A Mixteca family enjoying their gifts.

Thirty members of the FBC staff spent a morning in December stuffing Christmas stockings, wrapping gifts, writing cards, and assembling gift baskets for some 300 homeless, disadvantaged and disenfranchised members of the Richmond community.

The gifts went to a number of places:

  • Twenty-two Mixteca immigrant families, with 78 children in south Richmond
  • Seven families, with 10 children at Fresh Start for Single Women
  • 105 community missions clients who participated in the homeless breakfast December 20
  • 80 Grace Fellowship participants
  • Nine children at the Rosy Grier Youth Pavilion
  • and five other families.

The effort was coordinated by the Ministry of Christian Compassion. Gifts and items for the baskets were donated by church members and Weekday Preschool parents and children. Other items were purchased with money given to Community Missions.
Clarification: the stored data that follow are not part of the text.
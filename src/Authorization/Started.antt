-- ===== src/Authorization/Started.antt =====
-- What a started authorization has been held against.
use authserver.Common.{
  String, ◌+◌, Bool, true, false, List, ◌∷◌, Option, none, some, ◌≡◌, ◌≢◌, refl, inl, inr, arith,
  subst, not, ◌==◌, ◌&&◌, Bool-cases, Option-cases, ap, In, eq_iff, is_empty, all, contains,
  contains_iff, all-In, sym,
}
use authserver.Domain.Errors.{consent_resource_not_mint}
use authserver.Domain.Clients.{Client, is_active}
use authserver.Domain.Entities.{Session}
use authserver.Domain.Redirects.{has_redirect_uri}
use authserver.Domain.Resources.{Resource, is_mint}
use authserver.Domain.Consents.{ConsentGrant, covers_scopes, grant_is_revoked}
use authserver.Pkce.{is_valid_challenge_method}
use authserver.Scope
use authserver.Scope.{Set, is_subset, fields}
use authserver.Scope.Algebra.{is_subset_iff}
use authserver.Store.Table.{find, find-In, find-test}
use authserver.Store.Sorting.{order_by}
use authserver.Store.Resources
use authserver.Store.Resources.{slug_le}
use authserver.Store.Consents
use authserver.Store.Consents.{is_for}
use authserver.Store.Sessions
use authserver.Store.Monad.{
  World, M, ok, Keeps, >>=-Keeps, >>-Keeps, pure-Keeps, require-Keeps, ◌>>=◌, ◌>>◌, >>=-eq-ok,
  list_resources, get_consent, create_session, pure,
}
use authserver.Authorization.Registry
use authserver.Authorization.Registry.{ResourceInfo, infos}
use authserver.Authorization.Start.{
  AuthorizeService, AuthorizeRequest, AuthorizeResult, Admitted, outside, nonempty, allowed_scopes,
  lookup_client, resolve_target, target_of, proposed_scope, check_ceiling, should_log_no_ceiling,
  check_catalog, validate_scopes, has_consent, consent_of, uri_of, settle, propose, aim,
  check_request, open_session, start_authorization, new_session,
}
use authserver.Authorization.Steps.{require-ok, Keeps-same, resolve-Keeps}

-- The names that the catalog of a resource has, in the database.
abbrev pub catalog : String → World → List String
catalog uri w = allowed_scopes uri (infos (order_by slug_le w.resources))

-- A grant of the user to the client that covers the scope.
abbrev pub Covered : String → String → String → Option Resource → World → Type 0
Covered user client scope target w =
    (r : Resource) × (g : ConsentGrant) × (target ≡ some r)
    × (user ≢ "")
    × In g w.consents
    × (is_for user client r.id g ≡ true)
    × (grant_is_revoked g ≡ false)
    × (covers_scopes g (fields scope) ≡ true)

module _ (a : AuthorizeService) where
  ceiling-ok :
      (id : String) (ceiling : Set) (scope : String) (w u : World)
      → check_ceiling a id ceiling scope w ≡ ok tt u
      → (is_empty ceiling ≡ false → is_subset (Scope.parse scope) ceiling ≡ true)
        × (u.resources ≡ w.resources)
        × (u.consents ≡ w.consents)
  unfolding check_ceiling should_log_no_ceiling
  ceiling-ok id ceiling scope w u h = elim (Bool-cases (is_empty ceiling)) [
    | inl p ↦ elim (Bool-cases (scope == "")) [
      | inl q ↦ ground (arith, p, q, h)
      | inr q ↦ ground (arith, p, q, h)
    ]
    | inr p ↦ ground (arith, p, h)
  ]

  catalog-ok :
      (scope uri : String) (w u : World)
      → check_catalog a scope uri w ≡ ok tt u
      → ((nonempty scope && nonempty uri) ≡ true
          → all (contains (catalog uri w)) (fields scope) ≡ true)
        × (u ≡ w)
  unfolding check_catalog validate_scopes Registry.list Resources.list
  catalog-ok scope uri w u h = elim (Bool-cases (nonempty scope && nonempty uri)) [
    | inl p ↦ elim (Bool-cases ((outside a).fails list_resources)) [
      | inl q ↦ ground (arith, p, q, h)
      | inr q ↦ ground (arith, p, q, h)
    ]
    | inr p ↦ ground (arith, p, h)
  ]

  consent_of-ok :
      (b : Bool) (user client scope : String) (r : Resource) (w u : World) (c : Bool)
      → (user == "") ≡ b
      → consent_of a b user client scope r w ≡ ok c u
      → (c ≡ true → Covered user client scope (some r) w) × (u ≡ w)
  unfolding Consents.get
  consent_of-ok true user client scope r w u c e h = ground (arith, h)
  consent_of-ok false user client scope r w u c e h =
      elim (Bool-cases ((outside a).fails get_consent)) [
        | inl p ↦ ground (arith, p, h)
        | inr p ↦
            elim (Option-cases
              (find (λ g. is_for user client r.id g && not (grant_is_revoked g)) w.consents)) [
                | inl q ↦ ground (arith, p, q, h)
                | inr (g, q) ↦
                    let t =
                      find-test (λ g. is_for user client r.id g && not (grant_is_revoked g)) g
                        w.consents q in
                    let m =
                      find-In (λ g. is_for user client r.id g && not (grant_is_revoked g)) g
                        w.consents q in
                    (
                      λ yes. (
                        r,
                        g,
                        refl,
                        ground (arith, e, eq_iff user ""),
                        m,
                        ground (arith, t),
                        ground (arith, t),
                        ground (arith, p, q, h, yes),
                      ),
                      ground (arith, p, q, h),
                    )
              ]
      ]

  consent-ok :
      (user client scope : String) (target : Option Resource) (w u : World) (c : Bool)
      → has_consent a user client scope target w ≡ ok c u
      → (c ≡ true → Covered user client scope target w) × (u ≡ w)
  unfolding has_consent
  consent-ok user client scope none w u c h = ground (arith, h)
  consent-ok user client scope (some r) w u c h =
      consent_of-ok (user == "") user client scope r w u c refl h

  -- What the checks of a request establish, in the database that they leave.
  record Settled (req : AuthorizeRequest) (c : Client) (t : Option Resource) (k : Admitted)
      (v : World) : Type 0 where
    is_client : k.client ≡ c
    is_target : k.target ≡ t
    bounded :
        is_empty (Scope.parse c.scope) ≡ false
        → is_subset (Scope.parse k.scope) (Scope.parse c.scope) ≡ true
    listed :
        (nonempty k.scope && nonempty (uri_of a k.target)) ≡ true
        → all (contains (catalog (uri_of a k.target) v)) (fields k.scope) ≡ true
    agreed : k.consented ≡ true → Covered req.user_id c.id k.scope k.target v

  settle-ok :
      (req : AuthorizeRequest) (c : Client) (target : Option Resource) (scope : String)
      (w u : World) (k : Admitted)
      → settle a req c target scope w ≡ ok k u
      → Settled req c target k u
  settle-ok req c target scope w u k h =
      let (t, v, p, h1) =
        >>=-eq-ok (check_ceiling a req.client_id (Scope.parse c.scope) scope)
          (λ _.
            check_catalog a scope (uri_of a target)
            >> (has_consent a req.user_id c.id scope target >>= made))
          w u k h in
      let (t2, z, q, h2) =
        >>=-eq-ok (check_catalog a scope (uri_of a target))
          (λ _. has_consent a req.user_id c.id scope target >>= made) v u k h1 in
      let (b, y, r, h3) = >>=-eq-ok (has_consent a req.user_id c.id scope target) made z u k h2 in
      let (bound, _, _) = ceiling-ok req.client_id (Scope.parse c.scope) scope w v p in
      let (inside, zv) = catalog-ok scope (uri_of a target) v z q in
      let (agrees, yz) = consent-ok req.user_id c.id scope target z y b r in
      let uy : u ≡ y = ground (arith, h3) in
      let k_is : made_of b ≡ k = ground (arith, h3) in
      subst (λ x. Settled req c target x u) k_is
        (record {
          is_client = refl;
          is_target = refl;
          bounded = bound;
          listed = rw (uy, yz, zv) inside;
          agreed = rw (uy, yz) agrees;
        })
    where
      made_of : Bool → Admitted
      made_of b = record { client = c; target = target; scope = scope; consented = b }

      made : Bool → M Admitted
      made b = pure (made_of b)

  target_of-Keeps : {P : World → Type 0} (b : Bool) (s : String) → Keeps P (target_of a b s)
  target_of-Keeps true s = pure-Keeps none
  target_of-Keeps false s =
      >>=-Keeps (resolve-Keeps (outside a) s)
        (λ r. >>-Keeps (require-Keeps (is_mint r) consent_resource_not_mint) (pure-Keeps (some r)))

  target-Keeps : {P : World → Type 0} (s : String) → Keeps P (resolve_target a s)
  target-Keeps s = target_of-Keeps (s == "") s

  lookup-ok : (id : String) (w u : World) (c : Client) → lookup_client a id w ≡ ok c u → u ≡ w
  unfolding lookup_client
  lookup-ok id w u c h = ground arith

  aim-ok :
      (req : AuthorizeRequest) (c : Client) (w u : World) (k : Admitted)
      → aim a req c w ≡ ok k u
      → (is_active c ≡ true)
        × (has_redirect_uri a.parse_redirect c.redirect_uris req.redirect_uri ≡ true)
        × (is_valid_challenge_method req.code_challenge_method ≡ true)
        × (nonempty req.code_challenge ≡ true)
        × (t : Option Resource) × (resolve_target a req.resource w ≡ ok t w)
        × Settled req c t k u
  aim-ok req c w u k h =
      let (active, h1) = require-ok (is_active c) _ _ w u k h in
      let (redirect, h2) =
        require-ok (has_redirect_uri a.parse_redirect c.redirect_uris req.redirect_uri) _ _ w u k
          h1 in
      let (given, h3) = require-ok (nonempty req.code_challenge) _ _ w u k h2 in
      let (method, h4) =
        require-ok (is_valid_challenge_method req.code_challenge_method) _ _ w u k h3 in
      let (target, v, p, h5) =
        >>=-eq-ok (resolve_target a req.resource) (propose a req c) w u k h4 in
      let (scope, z, q, h6) =
        >>=-eq-ok (proposed_scope a (Scope.parse c.scope) (uri_of a target) req.scope)
          (settle a req c target) v u k h5 in
      let same =
        Keeps-same (resolve_target a req.resource) w v target (target-Keeps req.resource) p in
      (
        active,
        redirect,
        method,
        given,
        target,
        subst (λ x. resolve_target a req.resource w ≡ ok target x) same p,
        settle-ok req c target scope z u k h6,
      )

  -- An authorization that has started in one database, and the database that it leaves.
  pub record Started (req : AuthorizeRequest) (res : AuthorizeResult) (w v : World) : Type 0 where
    pub client : Client
    pub looked_up : lookup_client a req.client_id w ≡ ok client w
    pub target : Option Resource
    pub resolved : resolve_target a req.resource w ≡ ok target w
    pub active : is_active client ≡ true
    pub redirects : has_redirect_uri a.parse_redirect client.redirect_uris req.redirect_uri ≡ true
    pub is_challenged : (req.code_challenge ≢ "") × (req.code_challenge_method ≡ "S256")
    pub is_there : In res.session v.sessions
    pub is_of :
        (res.session.client_id ≡ client.id)
        × (res.session.redirect_uri ≡ req.redirect_uri)
        × (res.session.user_id ≡ req.user_id)
        × (res.session.code_challenge ≡ req.code_challenge)
        × (res.session.code_hash ≡ none)
    pub is_for_target : res.session.resource ≡ uri_of a target
    pub within_ceiling :
        is_empty (Scope.parse client.scope) ≡ false
        → (x : String) → In x (Scope.parse res.session.scope)
        → In x (Scope.parse client.scope)
    pub within_catalog :
        res.session.scope ≢ ""
        → res.session.resource ≢ ""
        → (x : String) → In x (fields res.session.scope)
        → In x (catalog res.session.resource v)
    pub skipped :
        res.consent_required ≡ false → Covered req.user_id client.id res.session.scope target v

  nonempty_iff : (s : String) → s ≢ "" → nonempty s ≡ true
  nonempty_iff s h = ground (arith, h, eq_iff s "")

  open-Started :
      (req : AuthorizeRequest) (c : Client) (t : Option Resource) (k : Admitted) (o w u : World)
      (res : AuthorizeResult)
      → lookup_client a req.client_id o ≡ ok c o
      → resolve_target a req.resource o ≡ ok t o
      → is_active c ≡ true
      → has_redirect_uri a.parse_redirect c.redirect_uris req.redirect_uri ≡ true
      → is_valid_challenge_method req.code_challenge_method ≡ true
      → nonempty req.code_challenge ≡ true
      → Settled req c t k w
      → open_session a req k w ≡ ok res u
      → Started req res o u
  unfolding open_session Sessions.create is_valid_challenge_method
  open-Started req c t k o w u res found aimed active redirect method given s h =
      elim (Bool-cases ((outside a).fails create_session)) [
        | inl p ↦ ground (arith, p, h)
        | inr p ↦
            let id = (outside a).random w.drawn in
            let made = new_session a req k.client (uri_of a k.target) k.scope id in
            let res_is : opened made ≡ res = ground (arith, p, h) in
            let u_is : after made ≡ u = ground (arith, p, h) in
            subst (λ v. Started req res o v) u_is
              (subst (λ r. Started req r o (after made)) res_is
                (record {
                  client = c;
                  looked_up = found;
                  target = k.target;
                  resolved =
                      subst (λ x. resolve_target a req.resource o ≡ ok x o) (sym s.is_target) aimed;
                  active = active;
                  redirects = redirect;
                  is_challenged = (
                    ground (arith, given, eq_iff req.code_challenge ""),
                    (eq_iff req.code_challenge_method "S256").0 method,
                  );
                  is_there = inl refl;
                  is_of = (ap (λ (c : Client). c.id) s.is_client, refl, refl, refl, refl);
                  is_for_target = refl;
                  within_ceiling = λ set.
                      (is_subset_iff (Scope.parse k.scope) (Scope.parse c.scope)).0 (s.bounded set);
                  within_catalog = λ scoped named x m.
                      (contains_iff (catalog (uri_of a k.target) w) x).0 (
                        all-In (contains (catalog (uri_of a k.target) w)) x (fields k.scope)
                          (s.listed (
                            ground (
                              arith,
                              nonempty_iff k.scope scoped,
                              nonempty_iff (uri_of a k.target) named,
                            )))
                          m);
                  skipped = λ no. s.agreed (ground (arith, no));
                }))
      ]
    where
      opened : Session → AuthorizeResult
      opened x = record {
        session = x;
        login_required = req.user_id == "";
        consent_required = not k.consented;
      }

      after : Session → World
      after x = record w { drawn = w.drawn + 1; sessions = x ∷ w.sessions }

  -- An authorization that starts is for the client that the request names, which is active, one of
  -- its redirect URIs, and the resource that the request names, if it names one, with a PKCE
  -- challenge. Its session is stored without a code; the scope is within the client's registered
  -- scopes, if it has any, and within the catalog that the registry gives for the session's
  -- resource, if it has one; and consent is skipped only where a grant of this user to this client
  -- for the resource covers the scope and is not revoked.
  pub start_authorization-Started :
      (req : AuthorizeRequest) (w u : World) (res : AuthorizeResult)
      → start_authorization a req w ≡ ok res u
      → Started req res w u
  unfolding start_authorization check_request
  start_authorization-Started req w u res h =
      let (k, v, p, q) = >>=-eq-ok (check_request a req) (open_session a req) w u res h in
      let (_, p1) = require-ok (req.response_type == "code") _ _ w v k p in
      let (c, z, i, j) = >>=-eq-ok (lookup_client a req.client_id) (aim a req) w v k p1 in
      let same = lookup-ok req.client_id w z c i in
      let (active, redirect, method, given, t, aimed, s) =
        aim-ok req c w v k (subst (λ x. aim a req c x ≡ ok k v) same j) in
      open-Started req c t k w v u res
        (subst (λ x. lookup_client a req.client_id w ≡ ok c x) same i) aimed active redirect method
        given s q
Mary Willis, daughter of FBC member LaVora Sprinkle, is the church’s “connection” with the Mixteca community. She has been working for several years with a few dozen families in the Mixteca community who live in a trailer park in south Richmond. She teaches English and helps the families with the basic necessities of living.

The Mixteca are indigenous to the southern, Pacific coastal region of Mexico. Mary grew up speaking Spanish, the daughter of Southern Baptist missionaries. But even she often has a challenge communicating with some of the families. They have their own language. Many of them speak a tribal dialect within the Mixteca language.

In addition to the Christmas gifts, FBC has helped Mary with providing English classes, making repairs to some of the homes, and providing other assistance to the Mixteca families.

(l to r) Lindsey McClintock, Ralph Starling, Jim Somerville, Mary Willis, and Steve Blanchard delivered gifts to the Mixteca families a few days before Christmas.